I don't head over there often, but I use a tea mug from that place every day
in the office.

I used to like visiting those stores when they were "Chapters" whenever we'd
visit the city (read extent-suburbs) as a kid. It was especially exciting when
we didn't have internet or up-to-date computers and I'd get to browse the
multitudes of computer and music magazines. Always left me jealous. I think
that place had a bit better of a thing going—it was less frenetic.

That said, the buying power of Indigo makes it a worthwhile place to search
for a book if you can't find it locally.

------
motohagiography
I watched this happen over the last 20 years and its an important development.

If you remember the 80s and 90s, you may remember lingering in bookstores
because they were a focal point to daytime city life. Before online dating,
you would meet women and men there, and that was the whole point. If you ask
any man of a certain age from a city who the "bookstore girl," was, he will
have a memory, if not a story for you. It was a big part of city culture.

What Reismann (and her predecessor, Chapters) did initially was bring suburban
big box stores into the city and wiped out a lot of the street life and
culture, and with it, small publishers. In effect this polarized the market
for fiction, where literary fiction today has been reduced to "content," and a
lot of unctuous posturing funded by grant money.

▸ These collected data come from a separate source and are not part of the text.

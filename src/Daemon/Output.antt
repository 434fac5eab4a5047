-- ===== src/Daemon/Output.antt =====
-- crates/led-daemon-bin/src/output.rs: the output of the daemon. `Output.Protocol` and `Output.Spec`
-- read what the operator writes, `Output.Config` is the configuration, `Output.Manager` the
-- `OutputManager` that shares each frame out to the nodes.
pub mod Protocol
pub mod Spec
pub mod Config
pub mod Wired
pub mod Manager
mod Tests
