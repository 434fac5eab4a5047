-- ===== src/Layout/Compile.antt =====
-- crates/led-core/src/mapping.rs: `CompiledLayout::compile`.
use led_platform.Prelude.{
  ℕ, Bool, false, ◌&&◌, ◌||◌, List, [], ◌∷◌, ◌++◌, Option, none, some, if◌then◌else◌, ◌==◌, length,
}
use led_platform.Color.{ColorFormat}

abbrev pub DeviceId : Type 0
DeviceId = ℕ

-- One pixel's physical destination (`PixelPhysical` of types.rs).
pub record PixelPhysical : Type 0 where
  pub device : DeviceId
  pub universe : ℕ
  pub channel : ℕ
  pub format : ColorFormat

pub record Target : Type 0 where
  pub uni_index : ℕ
  pub byte : ℕ
  pub format : ColorFormat

-- `Range<usize>`.
pub record Range : Type 0 where
  pub start : ℕ
  pub end : ℕ

-- The counter `apply_count` is left out: nothing reads it but tests.
pub record CompiledLayout : Type 0 where
  pub targets : List Target
  pub universes : List ℕ
  pub device_ranges : List (DeviceId × Range)

unfoldable pub contains : List ℕ → ℕ → Bool
contains [] u = false
contains (v ∷ vs) u = v == u || contains vs u

-- One round of the first loop: the device's entry, made if it is missing, gets the universe unless
-- it has it.
unfoldable pub add_universe : DeviceId → ℕ → List (DeviceId × List ℕ) → List (DeviceId × List ℕ)
unfolding contains
add_universe dev u [] = (dev, u ∷ []) ∷ []
add_universe dev u ((d, us) ∷ rest) =
    if d == dev
    then (d, if contains us u then us else us ++ u ∷ []) ∷ rest
    else (d, us) ∷ add_universe dev u rest

unfoldable pub per_device : List PixelPhysical → List (DeviceId × List ℕ) → List (DeviceId × List ℕ)
unfolding add_universe
per_device [] acc = acc
per_device (a ∷ as') acc = per_device as' (add_universe a.device a.universe acc)

-- The values that the second loop builds. The map has its newest entry first.
pub record Built : Type 0 where
  pub universes : List ℕ
  pub device_ranges : List (DeviceId × Range)
  pub index_of : List ((DeviceId × ℕ) × ℕ)

unfoldable pub index_universes : DeviceId → List ℕ → Built → Built
index_universes dev [] b = b
index_universes dev (u ∷ us) b = index_universes dev us (record b {
  index_of = ((dev, u), length b.universes) ∷ b.index_of;
  universes = b.universes ++ u ∷ [];
})

abbrev pub close_range : DeviceId → ℕ → Built → Built
close_range dev start b = record b {
  device_ranges = b.device_ranges ++ (dev, record { start = start; end = length b.universes }) ∷ [];
}

unfoldable pub index_devices : List (DeviceId × List ℕ) → Built → Built
unfolding index_universes
index_devices [] b = b
index_devices ((dev, us) ∷ rest) b =
    index_devices rest (close_range dev (length b.universes) (index_universes dev us b))

unfoldable pub index_at : DeviceId → ℕ → List ((DeviceId × ℕ) × ℕ) → Option ℕ
index_at dev u [] = none
index_at dev u (((d, v), i) ∷ m) = if d == dev && v == u then some i else index_at dev u m

-- The third loop; `index_of[…]` panics on a missing key.
abbrev target_of : Option ℕ → PixelPhysical → Option Target
target_of none a = none
target_of (some i) a = some (record { uni_index = i; byte = a.channel; format = a.format })

abbrev push_target : Option Target → Option (List Target) → Option (List Target)
push_target (some t) (some ts) = some (t ∷ ts)
push_target _ _ = none

unfoldable pub targets_of : List PixelPhysical → List ((DeviceId × ℕ) × ℕ) → Option (List Target)
unfolding index_at
targets_of [] m = some []
targets_of (a ∷ as') m =
    push_target (target_of (index_at a.device a.universe m) a) (targets_of as' m)

abbrev pub build : List PixelPhysical → Built
build assignments =
    index_devices (per_device assignments [])
      (record { universes = []; device_ranges = []; index_of = [] })

abbrev layout_of : Built → Option (List Target) → Option CompiledLayout
layout_of b none = none
layout_of b (some targets) =
    some (record { targets = targets; universes = b.universes; device_ranges = b.device_ranges })

unfoldable pub compile : List PixelPhysical → Option CompiledLayout
unfolding per_device index_devices targets_of
compile assignments =
    layout_of (build assignments) (targets_of assignments (build assignments).index_of)

unfoldable pub find_range : DeviceId → List (DeviceId × Range) → Option Range
find_range id [] = none
find_range id ((d, r) ∷ rest) = if d == id then some r else find_range id rest

unfoldable pub device_range : CompiledLayout → DeviceId → Option Range
unfolding find_range
device_range l id = find_range id l.device_ranges
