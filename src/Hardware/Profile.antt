-- ===== src/Hardware/Profile.antt =====
-- crates/led-hardware-profile/src/lib.rs: the profile of a node. `F` stands for `f32`, of which the
-- crate only makes two tests. Texts are not read by what is modelled.
use led_platform.Prelude.{false, true, Bool, ℕ}
use led_platform.Color.{ColorFormat}

abbrev pub schema_version_known : ℕ
schema_version_known = 1

pub data Protocol : Type 0 where
  sacn art_net ddp : Protocol

pub data OutputInterface : Type 0 where
  ethernet wi_fi spi pwm : OutputInterface

pub record Capabilities : Type 0 where
  pub protocol : Protocol
  pub output_interface : OutputInterface
  pub color : ColorFormat
  pub supports_discovery : Bool
  pub supports_metrics : Bool
  pub ports : ℕ

pub record Limits : Type 0 where
  pub pixels_per_universe : ℕ
  pub max_pixels : ℕ
  pub refresh_hz : ℕ

pub record Power (F : Type 0) : Type 0 where
  pub voltage_v : F
  pub max_current_a : F

pub record Calibration (F : Type 0) : Type 0 where
  pub gamma : F
  pub brightness : F

pub record Transport : Type 0 where
  pub mtu_bytes : ℕ
  pub heartbeat_ms : ℕ

pub record HardwareProfile (F : Type 0) : Type 0 where
  pub schema_version : ℕ
  pub capabilities : Capabilities
  pub limits : Limits
  pub transport : Transport
  pub power : Power F
  pub calibration : Calibration F

-- The derived equalities.
unfoldable pub same_protocol : Protocol → Protocol → Bool
same_protocol sacn sacn = true
same_protocol art_net art_net = true
same_protocol ddp ddp = true
same_protocol _ _ = false

unfoldable pub same_interface : OutputInterface → OutputInterface → Bool
same_interface ethernet ethernet = true
same_interface wi_fi wi_fi = true
same_interface spi spi = true
same_interface pwm pwm = true
same_interface _ _ = false
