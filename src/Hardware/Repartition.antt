-- ===== src/Hardware/Repartition.antt =====
-- crates/led-hardware-profile/src/reparticao.rs: `repartir` and `repartir_portas_de`.
use led_platform.Prelude.{
  ok, err, Bool, List, Result, [], false, if◌then◌else◌, ltb, min, saturating_mul, suc, true, u16,
  u32, u64, zero, ◌&&◌, ◌*◌, ◌+◌, ◌-◌, ◌/◌, ◌==◌, ◌>>=◌, ◌∷◌, ℕ,
}

pub data UnidadeVazia : Type 0 where
  recusa aceita : UnidadeVazia

pub record Fatia : Type 0 where
  pub pixel_offset : ℕ
  pub pixel_count : ℕ

pub record FatiaDePorta : Type 0 where
  pub index : ℕ
  pub pixel_offset : ℕ
  pub pixel_count : ℕ
  pub universe_start : ℕ

pub data RepartirError : Type 0 where
  sem_unidades tecto_zero : RepartirError
  nao_cabe : ℕ → ℕ → ℕ → ℕ → RepartirError
  unidade_sem_pixeis : ℕ → ℕ → ℕ → ℕ → ℕ → RepartirError
  universo_fora_de_faixa : ℕ → ℕ → RepartirError

abbrev pub is_recusa : UnidadeVazia → Bool
is_recusa recusa = true
is_recusa aceita = false

-- `usize::div_ceil`.
abbrev pub div_ceil : ℕ → ℕ → ℕ
div_ceil a b = (a + (b - 1)) / b

abbrev pub push_fatia :
    Fatia → Result RepartirError (List Fatia) → Result RepartirError (List Fatia)
push_fatia f (ok fs) = ok (f ∷ fs)
push_fatia f (err e) = err e

-- The loop: the units left, and the index of the next.
unfoldable pub fatias_from : ℕ → ℕ → ℕ → ℕ → ℕ → UnidadeVazia → Result RepartirError (List Fatia)
fatias_from zero i total tecto unidades vazia = ok []
fatias_from (suc n) i total tecto unidades vazia =
    let inicio = u64 (i * tecto) in
    let conta = min (total - inicio) tecto in
    let rest = fatias_from n (suc i) total tecto unidades vazia in
    if conta == 0 && is_recusa vazia
    then err (unidade_sem_pixeis i total tecto unidades (div_ceil inicio tecto))
    else push_fatia (record { pixel_offset = u32 inicio; pixel_count = conta }) rest

unfoldable pub repartir : ℕ → ℕ → ℕ → UnidadeVazia → Result RepartirError (List Fatia)
unfolding fatias_from saturating_mul
repartir total tecto unidades vazia =
    let capacidade = saturating_mul tecto unidades in
    if unidades == 0
    then err sem_unidades
    else if tecto == 0
    then err tecto_zero
    else if ltb capacidade total
    then err (nao_cabe total tecto unidades capacidade)
    else fatias_from unidades 0 total tecto unidades vazia

-- The closure of the `map`: `u16::try_from` of the port's first universe.
unfoldable pub porta_of : ℕ → ℕ → ℕ → Fatia → Result RepartirError FatiaDePorta
porta_of k universos_por_porta first_universe f =
    let universo = u32 (first_universe + u32 (k * universos_por_porta)) in
    if ltb universo 65536
    then ok (record {
      index = u16 k;
      pixel_offset = f.pixel_offset;
      pixel_count = f.pixel_count;
      universe_start = universo;
    })
    else err (universo_fora_de_faixa (u16 k) universo)

-- `enumerate`, `map` and `collect`.
unfoldable pub portas_from : ℕ → ℕ → ℕ → List Fatia → Result RepartirError (List FatiaDePorta)
unfolding porta_of
portas_from k universos_por_porta first_universe [] = ok []
portas_from k universos_por_porta first_universe (f ∷ fs) =
    porta_of k universos_por_porta first_universe f >>= λ p.
    portas_from (suc k) universos_por_porta first_universe fs >>= λ ps. ok (p ∷ ps)

unfoldable pub repartir_portas_de : ℕ → ℕ → ℕ → ℕ → ℕ → Result RepartirError (List FatiaDePorta)
unfolding repartir portas_from
repartir_portas_de ports pixels_per_universe max_pixels pixeis_do_no first_universe =
    if ports == 0
    then err sem_unidades
    else if pixels_per_universe == 0
    then err tecto_zero
    else repartir pixeis_do_no (max_pixels / ports) ports aceita >>= λ fatias.
        portas_from 0 (div_ceil (max_pixels / ports) pixels_per_universe) first_universe fatias
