-- ===== src/Hardware/Transport.antt =====
-- crates/led-hardware-profile/src/lib.rs: `Transport`, what the network path of a node bears.
use led_platform.Prelude.{Bool, ltb, max, min, u32, ℕ, ◌&&◌, ◌-◌, ◌/◌}
use led_platform.Color.{ColorFormat, channels}
use led_platform.Hardware.Profile.{Protocol, ddp, Transport}
use led_platform.Hardware.Repartition.{div_ceil}

abbrev pub ip_udp_overhead : ℕ
ip_udp_overhead = 28

-- `MAX_GAP_MS`.
abbrev pub max_gap_ms : ℕ
max_gap_ms = 2400

unfoldable pub udp_payload_bytes : Transport → ℕ
udp_payload_bytes t = t.mtu_bytes - ip_udp_overhead

abbrev pub header_of : Protocol → ℕ
header_of ddp = 10
header_of _ = 18

unfoldable pub pixels_per_datagram : Transport → Protocol → ColorFormat → ℕ → ℕ
unfolding udp_payload_bytes
pixels_per_datagram t ddp color pixels_per_universe =
    (udp_payload_bytes t - header_of ddp) / channels color
pixels_per_datagram t protocol color pixels_per_universe =
    min pixels_per_universe ((udp_payload_bytes t - header_of protocol) / channels color)

unfoldable pub datagrams_for : Transport → ℕ → Protocol → ColorFormat → ℕ → ℕ
unfolding pixels_per_datagram
datagrams_for t pixels protocol color pixels_per_universe =
    div_ceil pixels (u32 (max (pixels_per_datagram t protocol color pixels_per_universe) 1))

unfoldable pub heartbeat_is_safe : Transport → Bool
heartbeat_is_safe t = ltb 0 t.heartbeat_ms && ltb t.heartbeat_ms max_gap_ms
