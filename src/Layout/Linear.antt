-- ===== src/Layout/Linear.antt =====
-- crates/led-core/src/mapping.rs: `linear` and `linear_format`. `u16` additions wrap, as in a
-- release build.
use led_platform.Prelude.{
  ℕ, zero, suc, ◌+◌, List, [], ◌∷◌, ◌++◌, Option, none, some, if◌then◌else◌, ltb, get_elem?, u16,
}
use led_platform.Color.{RgbOrder, ColorFormat, channels}
use led_platform.Layout.Compile.{DeviceId, PixelPhysical, CompiledLayout, compile}

abbrev pub universe_size : ℕ
universe_size = 512

pub record DeviceSpec : Type 0 where
  pub id : DeviceId
  pub universes : ℕ

-- The inner loop over one device: the slots so far and the next universe number.
unfoldable pub push_slots : ℕ → DeviceId → List (DeviceId × ℕ) → ℕ → List (DeviceId × ℕ) × ℕ
push_slots zero id slots uni_no = (slots, uni_no)
push_slots (suc n) id slots uni_no = push_slots n id (slots ++ (id, uni_no) ∷ []) (u16 (uni_no + 1))

unfoldable pub all_slots : List DeviceSpec → List (DeviceId × ℕ) → ℕ → List (DeviceId × ℕ)
unfolding push_slots
all_slots [] slots uni_no = slots
all_slots (d ∷ ds) slots uni_no =
    let (slots', uni_no') = push_slots d.universes d.id slots uni_no in all_slots ds slots' uni_no'

-- `slots[slot]` after the `assert!`, and the push.
abbrev pub assign_at :
    ColorFormat
    → ℕ
    → Option (DeviceId × ℕ)
    → Option (List PixelPhysical)
    → Option (List PixelPhysical)
assign_at format byte (some (device, universe)) (some rest) =
    some (record { device = device; universe = universe; channel = byte; format = format } ∷ rest)
assign_at format byte _ _ = none

-- The loop over the pixels: those left, and the variables `slot` and `byte`.
unfoldable pub assign : ℕ → ColorFormat → List (DeviceId × ℕ) → ℕ → ℕ → Option (List PixelPhysical)
assign zero format slots slot byte = some []
assign (suc n) format slots slot byte =
    let full = ltb universe_size (byte + channels format) in
    let slot' = if full then slot + 1 else slot in
    let byte' : ℕ = if full then 0 else byte in
    assign_at format byte' (get_elem? slots slot')
      (assign n format slots slot' (u16 (byte' + channels format)))

unfoldable pub linear_assignments : ℕ → List DeviceSpec → ColorFormat → Option (List PixelPhysical)
unfolding all_slots assign
linear_assignments pixel_count devices format =
    assign pixel_count format (all_slots devices [] 0) 0 0

abbrev compile_all : Option (List PixelPhysical) → Option CompiledLayout
compile_all none = none
compile_all (some assignments) = compile assignments

unfoldable pub linear_format : ℕ → List DeviceSpec → ColorFormat → Option CompiledLayout
unfolding linear_assignments
linear_format pixel_count devices format =
    compile_all (linear_assignments pixel_count devices format)

unfoldable pub linear : ℕ → List DeviceSpec → RgbOrder → Option CompiledLayout
unfolding linear_format
linear pixel_count devices order = linear_format pixel_count devices (ColorFormat.rgb order)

However, after hollowing the market out, Reismann branched out with Indigo and
kind of re-planted, where her stores are once again places for people to
linger. They are placed near movie theatres, so it was something to do while
you waited.

The formula that Indigo is getting right is, like us in software, it's about
generating retail traffic. You need a funnel to drive conversions. To do that,
you need to attract women, who draw men, and the frisson that keeps them
coming back is what turns the engine over. Let's face it, Indigo isn't a
Cabela's with books because that's not how you get that retail traffic engine
to turn over. It's more like Anthropologie meets a craft shop.

I don't like shopping at Indigo, but that's not the point. As a man I go there
because I can get a new release or something relatively mainstream faster than
amazon can deliver it, and crucially, I can get exposure to that element of
social randomness and optionality that is completely absent and destroyed in
cities now that everyone carries a slot machine in their pocket. The most
interesting future from my view will be the one that gets people actually
talking and connecting again the way we used to in bookstores and cafes.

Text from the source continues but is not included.